Australia has fallen into recession for the first time in 29 years.
According to national accounts data published by the Australian Bureau of Statistics (ABS) on Wednesday GDP contracted by 7 percent in the June quarter – more than three times more than the previous biggest fall of 2 percent in 1974.
“This is, by a wide margin, the largest fall in quarterly GDP since records began in 1959,” said Michael Smedes, Head of National Accounts at the ABS.

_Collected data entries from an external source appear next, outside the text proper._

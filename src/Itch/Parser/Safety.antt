-- ===== src/Itch/Parser/Safety.antt =====
-- `Parser` of include/itch5/parser.hpp reads no byte past the message that it is given, and says how
-- many bytes it consumed.
use dpdk_itch5_feedhandler.Prelude.{
  ℕ, ◌≤◌, ◌≡◌, refl, Bool, true, false, some, Bytes, AreBytes, Option, ◌==◌, ltb, get_or, length,
  if◌then◌else◌, inl, inr, Bool-cases, get_elem?-eq-get_or, ltb→le, ==_iff, inc64, arith,
}
use dpdk_itch5_feedhandler.Itch.MsgType
use dpdk_itch5_feedhandler.Itch.Callbacks.{Callbacks}
use dpdk_itch5_feedhandler.Itch.Size.{get_message_size}
use dpdk_itch5_feedhandler.Itch.Parser.{Stats, is_other, dispatch, parse_message}
use dpdk_itch5_feedhandler.Itch.Parser.Reads.{
  KeepCallbacks, add_order_returns, add_order_mpid_returns, order_executed_returns,
  order_executed_with_price_returns, order_cancel_returns, order_delete_returns,
  order_replace_returns, trade_returns,
}

-- The bytes that `parse_message` consumes: all of a known type's, or none.
unfoldable pub consumed : Bytes → ℕ → ℕ
consumed ptr len =
    if ltb len 1
    then 0
    else if ltb len (get_message_size (get_or ptr 0 0))
    then 0
    else get_message_size (get_or ptr 0 0)

-- A message that has the size of its type has the size of the struct that it is cast to.
same_size : (t c n : ℕ) → get_message_size t ≤ n → (t == c) ≡ true → get_message_size c ≤ n
same_size t c n h e = rw (← (==_iff t c).0 e) h

module _ {ℓ κ} {V : Type ℓ} (J : V → Type κ) where
  abbrev Returns : Option (Stats × V) → Type (ℓ ⊔ κ)
  Returns o = (r : Stats × V) × (o ≡ some r) × J r.1

  if-Returns :
      (b : Bool) (x y : Option (Stats × V))
      → (b ≡ true → Returns x)
      → (b ≡ false → Returns y)
      → Returns (if b then x else y)
  if-Returns true x y h k = h refl
  if-Returns false x y h k = k refl

module _ {ℓ κ} {V : Type ℓ} (J : V → Type κ) (cbs : Callbacks V) (keep : KeepCallbacks J cbs) where
  dispatch-Returns :
      (t : ℕ) (s : Stats) (msg : Bytes) (v : V)
      → J v
      → AreBytes msg
      → get_message_size t ≤ length msg
      → Returns J (dispatch cbs t s msg v)
  unfolding dispatch get_message_size
  dispatch-Returns t s msg v j bytes h =
      if-Returns J (t == MsgType.add_order) _ _
        (λ e.
          add_order_returns J cbs keep s msg v j bytes
            (same_size t MsgType.add_order (length msg) h e))
        λ _.
          if-Returns J (t == MsgType.add_order_mpid) _ _
            (λ e.
              add_order_mpid_returns J cbs keep s msg v j bytes
                (same_size t MsgType.add_order_mpid (length msg) h e))
            λ _.
              if-Returns J (t == MsgType.order_executed) _ _
                (λ e.
                  order_executed_returns J cbs keep s msg v j bytes
                    (same_size t MsgType.order_executed (length msg) h e))
                λ _.
                  if-Returns J (t == MsgType.order_executed_with_price) _ _
                    (λ e.
                      order_executed_with_price_returns J cbs keep s msg v j bytes
                        (same_size t MsgType.order_executed_with_price (length msg) h e))
                    λ _.
                      if-Returns J (t == MsgType.order_cancel) _ _
                        (λ e.
                          order_cancel_returns J cbs keep s msg v j bytes
                            (same_size t MsgType.order_cancel (length msg) h e))
                        λ _.
                          if-Returns J (t == MsgType.order_delete) _ _
                            (λ e.
                              order_delete_returns J cbs keep s msg v j bytes
                                (same_size t MsgType.order_delete (length msg) h e))
                            λ _.
                              if-Returns J (t == MsgType.order_replace) _ _
                                (λ e.
                                  order_replace_returns J cbs keep s msg v j bytes
                                    (same_size t MsgType.order_replace (length msg) h e))
                                λ _.
                                  if-Returns J (t == MsgType.trade) _ _
                                    (λ e.
                                      trade_returns J cbs keep s msg v j bytes
                                        (same_size t MsgType.trade (length msg) h e))
                                    λ _.
                                      if-Returns J (is_other t) _ _
                                        (λ _. (
                                          (record s { other_messages = inc64 s.other_messages }, v),
                                          refl,
                                          j,
                                        ))
                                        λ _. (
                                          (
                                            record s {
                                              unknown_messages = inc64 s.unknown_messages;
                                            },
                                            v,
                                          ),
                                          refl,
                                          j,
                                        )

  -- With callbacks that return and keep an invariant, on numbers that fit their types, and with `len` readable bytes, a call returns:
  -- it reads no byte past the message, consumes all of a known and complete message and nothing of
  -- another, and keeps the callbacks' invariant.
  pub parse_message_returns :
      (s : Stats) (ptr : Bytes) (len : ℕ) (v : V)
      → J v
      → AreBytes ptr
      → len ≤ length ptr
      → (r : ℕ × Stats × V) × (parse_message cbs s ptr len v ≡ some r)
        × (r.0 ≡ consumed ptr len)
        × J r.2
  unfolding parse_message consumed
  parse_message_returns s ptr len v j bytes h = elim (Bool-cases (ltb len 1)) [
    | inl short ↦ ((0, s, v), rw short, rw short, j)
    | inr some_byte ↦
        (let t = get_or ptr 0 0 in
          let read = get_elem?-eq-get_or ptr 0 0 (omega (arith, ltb→le _ _ some_byte)) in
          elim (Bool-cases (get_message_size t == 0)) [
            | inl unknown ↦ ((0, s, v), rw (some_byte, read, unknown), ground arith, j)
            | inr known ↦ elim (Bool-cases (ltb len (get_message_size t))) [
              | inl cut ↦ ((0, s, v), rw (some_byte, read, known, cut), rw (some_byte, cut), j)
              | inr whole ↦
                  (let d = dispatch-Returns t s ptr v j bytes (omega (arith, ltb→le _ _ whole)) in
                    (
                      (
                        get_message_size t,
                        record d.0.0 { total_messages = inc64 d.0.0.total_messages },
                        d.0.1,
                      ),
                      rw (some_byte, read, known, whole, d.1),
                      rw (some_byte, whole),
                      d.2,
                    ))
            ]
          ])
  ]
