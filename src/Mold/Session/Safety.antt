-- ===== src/Mold/Session/Safety.antt =====
-- `Session` of include/moldudp64/session.hpp reads no byte past its packet.
use dpdk_itch5_feedhandler.Prelude.{
  ℕ, zero, suc, ◌^◌, ◌≤◌, ◌<◌, ◌≡◌, ◌≢◌, refl, sym, ◌∙◌, Bool, true, false, Option, none, some,
  Bytes, AreBytes, Post, bind-Post, if-Post, if_holds, length, drop, length-drop, All-drop, ltb,
  add64, inc64, ltb→le, subst, arith,
}
use dpdk_itch5_feedhandler.Mold.Header.{Header, is_heartbeat, is_end_of_session}
use dpdk_itch5_feedhandler.Mold.Header.Wire.{parse_returns, read_message_length_returns}
use dpdk_itch5_feedhandler.Mold.Gap.{Gap}
use dpdk_itch5_feedhandler.Mold.Session.{
  Session, SessionState, check_session_id, check_gaps, deliver_messages, deliver_or_count,
  process_messages, advance, process_header, process_parsed, process_packet, notify_gap,
}

module _ {ℓ κ} {W : Type ℓ} (J : W → Type κ) where
  -- A message callback that returns on readable memory, and keeps the invariant `J` of its state.
  abbrev pub KeepsMessage : Option (Bytes → ℕ → ℕ → W → Option W) → Type (ℓ ⊔ κ)
  KeepsMessage none = Unit
  KeepsMessage (some cb) =
      (p : Bytes) (n seq : ℕ) (w : W)
      → n ≤ length p
      → AreBytes p
      → J w
      → (w' : W) × (cb p n seq w ≡ some w') × J w'

  module _ (cb : Bytes → ℕ → ℕ → W → Option W) (keep : KeepsMessage (some cb)) (ptr : Bytes)
      (len : ℕ) (bytes : AreBytes ptr) (readable : len ≤ length ptr) (small : len < 2 ^ 63) where
    -- The loop over the messages returns: it checks each length before it reads.
    deliver_messages_returns :
        (left offset seq received : ℕ) (w : W)
        → offset ≤ len
        → J w
        → Post (λ r. J r.1) (deliver_messages cb left ptr len offset seq received w)
    unfolding deliver_messages
    deliver_messages_returns zero offset seq received w h j = ((received, w), refl, j)
    deliver_messages_returns (suc left) offset seq received w h j =
        if-Post _ (ltb len (add64 offset 2)) (λ cut. ((received, w), refl, j))
          λ room.
            bind-Post _ _
              (read_message_length_returns (drop offset ptr) (All-drop _ offset ptr bytes)
                (omega (arith, length-drop offset ptr, ltb→le _ _ room)))
              λ n below.
                if-Post _ (ltb len (add64 (add64 offset 2) n)) (λ past. ((received, w), refl, j))
                  λ fits.
                    bind-Post _ _
                      (keep (drop (add64 offset 2) ptr) n seq w
                        (omega (
                          arith,
                          length-drop (add64 offset 2) ptr,
                          ltb→le _ _ room,
                          ltb→le _ _ fits,
                        ))
                        (All-drop _ (add64 offset 2) ptr bytes) j)
                      λ w' j'.
                        deliver_messages_returns left (add64 (add64 offset 2) n) (inc64 seq)
                          (inc64 received) w' (ltb→le _ _ fits) j'

  -- A gap callback that keeps the invariant.
  abbrev pub KeepsGap : Option (Gap → W → W) → Type (ℓ ⊔ κ)
  KeepsGap none = Unit
  KeepsGap (some cb) = (g : Gap) (w : W) → J w → J (cb g w)

  notify_gap_keeps :
      (o : Option (Gap → W → W)) (g : Gap) (w : W) → KeepsGap o → J w → J (notify_gap o g w)
  unfolding notify_gap
  notify_gap_keeps none g w k j = j
  notify_gap_keeps (some cb) g w k j = k g w j

module _ {ℓ} {W : Type ℓ} where
  -- The callbacks stay as they are.
  pub record Wired (s r : Session W) : Type ℓ where
    pub message : r.message_callback ≡ s.message_callback
    pub gap : r.gap_callback ≡ s.gap_callback

  Wired-trans : {s t r : Session W} → Wired s t → Wired t r → Wired s r
  Wired-trans a b = record { message = b.message ∙ a.message; gap = b.gap ∙ a.gap }

  check_gaps-Wired : (s : Session W) (h : Header) (w : W) → Wired s (check_gaps s h w).0
  unfolding check_gaps
  check_gaps-Wired s h w = ground arith

  advance-Wired : (s : Session W) (h : Header) → Wired s (advance s h)
  unfolding advance
  advance-Wired s h = ground arith

  check_session_id-Wired : (s : Session W) (h : Header) → Wired s (check_session_id s h).0
  unfolding check_session_id
  check_session_id-Wired s h = ground arith

module _ {ℓ κ} {W : Type ℓ} (J : W → Type κ) (ptr : Bytes) (len : ℕ) (bytes : AreBytes ptr)
    (readable : len ≤ length ptr) (small : len < 2 ^ 63) where
  check_gaps_keeps :
      (s : Session W) (h : Header) (w : W)
      → KeepsGap J s.gap_callback
      → J w
      → J (check_gaps s h w).1
  unfolding check_gaps
  check_gaps_keeps s h w k j =
      if_holds {A = Session W × W} (λ t. J t.1) (ltb s.expected_sequence h.sequence_number)
        (notify_gap_keeps J s.gap_callback _ w k j)
        (if_holds {A = Session W × W} (λ t. J t.1) (ltb h.sequence_number s.expected_sequence) j j)

  bind-Wired :
      (s t : Session W) {m : Option (Bool × Session W × W)}
      → Wired s t
      → Post (λ r. Wired t r.1 × J r.2) m
      → Post (λ r. Wired s r.1 × J r.2) m
  bind-Wired s t q (r, e, p) = (r, e, (Wired-trans q p.0, p.1))

  deliver_or_count_returns :
      (o : Option (Bytes → ℕ → ℕ → W → Option W)) (h : Header) (received : ℕ) (w : W)
      → KeepsMessage J o
      → 20 ≤ len
      → J w
      → Post (λ r. J r.1) (deliver_or_count o h ptr len received w)
  unfolding deliver_or_count
  deliver_or_count_returns none h received w k fits j = ((_, w), refl, j)
  deliver_or_count_returns (some cb) h received w k fits j =
      deliver_messages_returns J cb k ptr len bytes readable small h.message_count 20
        h.sequence_number received w fits j

  process_messages_returns :
      (s : Session W) (h : Header) (w : W)
      → KeepsMessage J s.message_callback
      → 20 ≤ len
      → J w
      → Post (λ r. Wired s r.0 × J r.1) (process_messages s h ptr len w)
  unfolding process_messages
  process_messages_returns s h w k fits j =
      bind-Post _ _ (deliver_or_count_returns s.message_callback h s.messages_received w k fits j)
        λ r j'. (
          (record s { messages_received = r.0 }, r.1),
          refl,
          (record { message = refl; gap = refl }, j'),
        )

  process_header_returns :
      (s : Session W) (h : Header) (w : W)
      → KeepsMessage J s.message_callback
      → KeepsGap J s.gap_callback
      → 20 ≤ len
      → J w
      → Post (λ r. Wired s r.1 × J r.2) (process_header s h ptr len w)
  unfolding process_header
  process_header_returns s h w k g fits j =
      if-Post _ (is_heartbeat h)
        (λ _. (
          (true, record s { heartbeats_received = inc64 s.heartbeats_received }, w),
          refl,
          (record { message = refl; gap = refl }, j),
        ))
        λ _.
          if-Post _ (is_end_of_session h)
            (λ _. (
              (true, record s { state = SessionState.end_of_session }, w),
              refl,
              (record { message = refl; gap = refl }, j),
            ))
            λ _.
              (let wired = check_gaps-Wired s h w in
                bind-Post _ _
                  (process_messages_returns (check_gaps s h w).0 h (check_gaps s h w).1
                    (subst (KeepsMessage J) (sym wired.message) k) fits
                    (check_gaps_keeps s h w g j))
                  λ r p. (
                    (true, advance r.0 h, r.1),
                    refl,
                    (Wired-trans wired (Wired-trans p.0 (advance-Wired r.0 h)), p.1),
                  ))

  process_parsed_returns :
      (s : Session W) (o : Option Header) (w : W)
      → KeepsMessage J s.message_callback
      → KeepsGap J s.gap_callback
      → (o ≢ none → 20 ≤ len)
      → J w
      → Post (λ r. Wired s r.1 × J r.2) (process_parsed s o ptr len w)
  unfolding process_parsed
  process_parsed_returns s none w k g fits j =
      ((false, s, w), refl, (record { message = refl; gap = refl }, j))
  process_parsed_returns s (some h) w k g fits j =
      let s0 : Session W = record s { packets_received = inc64 s.packets_received } in
      let same : Wired s s0 = record { message = refl; gap = refl } in
      let wired = Wired-trans same (check_session_id-Wired s0 h) in
      let s1 = (check_session_id s0 h).0 in
      if-Post _ (check_session_id s0 h).1
        (λ _. bind-Wired s s1 wired (
          process_header_returns s1 h w (subst (KeepsMessage J) (sym wired.message) k)
            (subst (KeepsGap J) (sym wired.gap) g) (fits (λ e. cc e)) j))
        λ _. ((false, s1, w), refl, (wired, j))

  -- On a readable buffer of bytes a call returns: it reads no byte past the packet, whatever the
  -- packet says of its messages, keeps the callbacks and keeps the invariant of their state.
  pub process_packet_returns :
      (s : Session W) (w : W)
      → KeepsMessage J s.message_callback
      → KeepsGap J s.gap_callback
      → J w
      → Post (λ r. Wired s r.1 × J r.2) (process_packet s ptr len w)
  unfolding process_packet
  process_packet_returns s w k g j =
      bind-Post _ _ (parse_returns ptr len bytes readable)
        λ o long. process_parsed_returns s o w k g long j
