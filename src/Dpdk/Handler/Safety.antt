-- ===== src/Dpdk/Handler/Safety.antt =====
-- `PacketHandler` of include/dpdk/packet_handler.hpp on the memory that it is given.
use dpdk_itch5_feedhandler.Prelude.{
  ℕ, ◌+◌, ◌^◌, ◌≤◌, ◌<◌, ◌≡◌, refl, sym, ◌∙◌, [], Bool, none, some, Option, Bytes, AreBytes,
  load-eq-take, length, drop, take, length-drop, All-drop, ltb, ◌==◌, ==_iff, Post, bind-Post,
  if-Post, if_holds, add64, sub64, subst, ltb→le, load-short, le→ltb, arith,
}
use dpdk_itch5_feedhandler.Common.Types.{NormalizedMessage}
use dpdk_itch5_feedhandler.Common.Endian.{ntoh16}
use dpdk_itch5_feedhandler.Spsc.Ring.{RingBuffer}
use dpdk_itch5_feedhandler.Spsc.Refine.{Represents}
use dpdk_itch5_feedhandler.Mold.Header.{parse}
use dpdk_itch5_feedhandler.Mold.Session.{Session, process_packet, new_session, set_message_callback}
use dpdk_itch5_feedhandler.Mold.Session.Safety.{
  KeepsMessage, KeepsGap, Wired, process_packet_returns,
}
use dpdk_itch5_feedhandler.Itch.Layout.{sizeof}
use dpdk_itch5_feedhandler.Itch.Parser.Safety.{parse_message_returns, consumed}
use dpdk_itch5_feedhandler.Dpdk.Config.{
  ethernet_size, udp_size, total_min, ethernet_layout, ipv4_layout, view_ether_type, view_ipv4,
  get_ip_header_length, ip_proto_udp, ether_type_ipv4,
}
use dpdk_itch5_feedhandler.Dpdk.Output.{buffer_capacity, setup_parser_callbacks}
use dpdk_itch5_feedhandler.Dpdk.Handler.{
  Handler, Sink, new_handler, parse_itch_message, reject, finish, process_payload, process_frame,
  process_raw_packet, Mbuf, process_mbuf,
}
use dpdk_itch5_feedhandler.Dpdk.Output.Safety.{IsOutput, callbacks_keep}

abbrev pub IsSink : ℕ → Sink → Type 0
IsSink taken s = IsOutput taken s.output

-- A handler whose session calls back into its parser, and whose ring is in order and holds what was
-- pushed and not among the `taken` messages.
pub record IsHandler (taken : ℕ) (h : Handler) : Type 0 where
  pub message :
      h.session.message_callback ≡ some (λ ptr length seq sink. parse_itch_message ptr length sink)
  pub gap : h.session.gap_callback ≡ none
  pub sink : IsSink taken h.sink

pub new_handler-IsHandler :
    (b : RingBuffer NormalizedMessage)
    → Represents buffer_capacity b []
    → IsHandler 0 (new_handler b)
unfolding new_handler new_session set_message_callback
new_handler-IsHandler b v = record { message = refl; gap = refl; sink = ([], v, refl, tt) }

-- The offset of the payload of a frame: behind the Ethernet, IP and UDP headers.
unfoldable pub payload_offset : Bytes → ℕ
payload_offset ptr =
    add64
      (add64 ethernet_size
        (get_ip_header_length (view_ipv4 (take (sizeof ipv4_layout) (drop ethernet_size ptr)))))
      udp_size

module _ (taken : ℕ) where
  parse_itch_message_returns :
      (p : Bytes) (n : ℕ) (s : Sink)
      → n ≤ length p
      → AreBytes p
      → IsSink taken s
      → Post (IsSink taken) (parse_itch_message p n s)
  unfolding parse_itch_message
  parse_itch_message_returns p n s h bytes j =
      let out =
        parse_message_returns (IsOutput taken) setup_parser_callbacks (callbacks_keep taken) s.stats
          p n s.output j bytes h in
      bind-Post (λ r. (r.0 ≡ consumed p n) × IsOutput taken r.2) (IsSink taken)
        (out.0, out.1, (out.2, out.3)) λ r k. (record { stats = r.1; output = r.2 }, refl, k.1)

  reject-IsHandler : (h : Handler) → IsHandler taken h → IsHandler taken (reject h).1
  unfolding reject
  reject-IsHandler h v = record { message = v.message; gap = v.gap; sink = v.sink }

  finish-IsHandler :
      (h : Handler) (len : ℕ) (r : Bool × Session Sink × Sink)
      → IsHandler taken h
      → Wired h.session r.1
      → IsSink taken r.2
      → IsHandler taken (finish h len r).1
  unfolding finish reject
  finish-IsHandler h len r v w k =
      if_holds {A = Bool × Handler} (λ t. IsHandler taken t.1) r.0
        (record { message = w.message ∙ v.message; gap = w.gap ∙ v.gap; sink = k })
        (record { message = w.message ∙ v.message; gap = w.gap ∙ v.gap; sink = k })

  process_payload_returns :
      (h : Handler) (ptr : Bytes) (len start : ℕ)
      → IsHandler taken h
      → AreBytes ptr
      → len ≤ length ptr
      → len < 2 ^ 63
      → start ≤ len
      → Post (λ r. IsHandler taken r.1) (process_payload h ptr len start)
  unfolding process_payload
  process_payload_returns h ptr len start v bytes readable small inside =
      bind-Post (λ r. Wired h.session r.1 × IsSink taken r.2) (λ r. IsHandler taken r.1)
        (process_packet_returns (IsSink taken) (drop start ptr) (sub64 len start)
          (All-drop _ start ptr bytes) (omega (arith, length-drop start ptr)) (omega arith)
          h.session h.sink
          (subst (KeepsMessage (IsSink taken)) (sym v.message)
            (λ p n seq w fits bytes j. parse_itch_message_returns p n w fits bytes j))
          (subst (KeepsGap (IsSink taken)) (sym v.gap) tt) v.sink)
        λ r p. (finish h len r, refl, finish-IsHandler h len r v p.0 p.1)

  process_frame_returns :
      (h : Handler) (ptr : Bytes) (len : ℕ)
      → IsHandler taken h
      → AreBytes ptr
      → len ≤ length ptr
      → len < 2 ^ 63
      → total_min ≤ len
      → payload_offset ptr ≤ len
      → Post (λ r. IsHandler taken r.1) (process_frame h ptr len)
  unfolding process_frame payload_offset
  process_frame_returns h ptr len v bytes readable small long inside =
      let start = payload_offset ptr in
      bind-Post (λ (eth : Bytes). Unit {0}) _
        (_, load-eq-take (sizeof ethernet_layout) ptr (omega arith), tt)
        λ eth _.
          if-Post _ (ntoh16 (view_ether_type eth) == ether_type_ipv4)
            (λ _.
              bind-Post (λ raw. raw ≡ take (sizeof ipv4_layout) (drop ethernet_size ptr)) _
                (
                  _,
                  load-eq-take (sizeof ipv4_layout) (drop ethernet_size ptr)
                      (omega (arith, length-drop ethernet_size ptr)),
                  refl,
                )
                λ raw same.
                  if-Post _ ((view_ipv4 raw).protocol == ip_proto_udp)
                    (λ _.
                      rw same
                        (process_payload_returns h ptr len start v bytes readable small inside))
                    λ _. (reject h, refl, reject-IsHandler h v))
            λ _. (reject h, refl, reject-IsHandler h v)

  -- The headers of a packet that is not short lie within it.
  pub process_raw_packet_keeps :
      (h : Handler) (ptr : Bytes) (len : ℕ)
      → IsHandler taken h
      → AreBytes ptr
      → len ≤ length ptr
      → len < 2 ^ 63
      → (total_min ≤ len → payload_offset ptr ≤ len)
      → (r : Bool × Handler) × (process_raw_packet h ptr len ≡ some r) × IsHandler taken r.1
  unfolding process_raw_packet
  process_raw_packet_keeps h ptr len v bytes readable small inside =
      if-Post (λ r. IsHandler taken r.1) (ltb len total_min)
        (λ _. (reject h, refl, reject-IsHandler h v))
        λ long.
          process_frame_returns h ptr len v bytes readable small (ltb→le _ _ long)
            (inside (ltb→le _ _ long))

  -- A packet of `len` readable bytes whose headers lie within it is processed without a read past its
  -- end, whatever it holds. The handler stays in order: every message counted as pushed is in the
  -- ring, or was taken from it.
  pub process_raw_packet_returns :
      (h : Handler) (ptr : Bytes) (len : ℕ)
      → IsHandler taken h
      → AreBytes ptr
      → len ≤ length ptr
      → len < 2 ^ 63
      → payload_offset ptr ≤ len
      → (r : Bool × Handler) × (process_raw_packet h ptr len ≡ some r) × IsHandler taken r.1
  process_raw_packet_returns h ptr len v bytes readable small inside =
      process_raw_packet_keeps h ptr len v bytes readable small (λ _. inside)

-- What `process_mbuf` needs of a buffer that it is given, where the packet is not short: it lies whole
-- in its one segment, and the headers lie within it.
abbrev pub IsMbuf : Option Mbuf → Type 0
IsMbuf none = Unit
IsMbuf (some m) =
    total_min ≤ m.pkt_len
    → AreBytes m.buffer
      × (m.data_off + m.pkt_len ≤ length m.buffer)
      × (m.pkt_len < 2 ^ 63)
      × (payload_offset (drop m.data_off m.buffer) ≤ m.pkt_len)

-- A null pointer, a packet below the minimal length whatever its buffer is, or a packet that lies whole
-- in its buffer with its headers within it is processed without a read outside of the buffer, whatever
-- it holds, and the handler stays in order.
pub process_mbuf_returns :
    (taken : ℕ) (h : Handler) (m : Option Mbuf)
    → IsHandler taken h
    → IsMbuf m
    → (r : Bool × Handler) × (process_mbuf h m ≡ some r) × IsHandler taken r.1
unfolding process_mbuf
process_mbuf_returns taken h none v w = (reject h, refl, reject-IsHandler taken h v)
process_mbuf_returns taken h (some m) v w =
    if-Post (λ r. IsHandler taken r.1) (ltb m.pkt_len total_min)
      (λ _. (reject h, refl, reject-IsHandler taken h v))
      λ long.
        let (bytes, readable, small, inside) = w (ltb→le _ _ long) in
        process_frame_returns taken h (drop m.data_off m.buffer) m.pkt_len v
          (All-drop _ m.data_off m.buffer bytes)
          (omega (arith, length-drop m.data_off m.buffer, readable)) small (ltb→le _ _ long) inside

payload_overreads :
    (h : Handler) (ptr : Bytes) (len start : ℕ)
    → length ptr ≡ len
    → len < start
    → start < 2 ^ 32
    → process_payload h ptr len start ≡ none
unfolding process_payload process_packet parse
payload_overreads h ptr len start whole past small = rw (
  le→ltb (sub64 len start) 20 (omega arith),
  load-short 10 (drop start ptr) (omega (arith, length-drop start ptr)),
)

-- An IPv4 and UDP frame, by the fields that the handler tests.
pub record IsUdpFrame (ptr : Bytes) : Type 0 where
  pub ether_type : ntoh16 (view_ether_type (take (sizeof ethernet_layout) ptr)) ≡ ether_type_ipv4
  pub protocol :
      (view_ipv4 (take (sizeof ipv4_layout) (drop ethernet_size ptr))).protocol ≡ ip_proto_udp

-- A UDP frame whose IP header length points past its end is read out of bounds: the payload's
-- length wraps to a huge one, and the session header is read behind the packet. This holds of every
-- handler and every such frame of at least the minimal length.
pub process_raw_packet_overreads :
    (h : Handler) (ptr : Bytes) (len : ℕ)
    → length ptr ≡ len
    → total_min ≤ len
    → IsUdpFrame ptr
    → len < payload_offset ptr
    → process_raw_packet h ptr len ≡ none
unfolding process_raw_packet process_frame payload_offset get_ip_header_length
process_raw_packet_overreads h ptr len whole long udp past =
    rw
      (
        le→ltb len total_min long,
        load-eq-take (sizeof ethernet_layout) ptr (omega arith),
        (==_iff _ _).1 udp.ether_type,
        load-eq-take (sizeof ipv4_layout) (drop ethernet_size ptr)
            (omega (arith, length-drop ethernet_size ptr)),
        (==_iff _ _).1 udp.protocol,
      )
      (payload_overreads h ptr len _ whole past (omega arith))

It marks the second consecutive quarter of economic decline, meaning that Australia is in a recession for the first time since 1991.
“Today’s national accounts confirm the devastating impact on the Australian economy from COVID-19.
“Our record run of 28 consecutive years of economic growth has now officially come to an end.
“Behind these numbers are heartbreaking stories of hardship, being filled by everyday Australians as they go about their daily lives,” Treasurer Josh Frydenberg said on Wednesday.
The ABS found that due to increased number of recipients and additional support payments, social assistance benefits in cash rose to a record 41.6 percent.
Meanwhile, Australians’ spending on services fell 17.6 percent in the June quarter while hours worked fell a record 9.8 percent and the household saving to income ratio rose from 6 percent to 19.8 percent.
Household expenditure declined by 12.1 percent.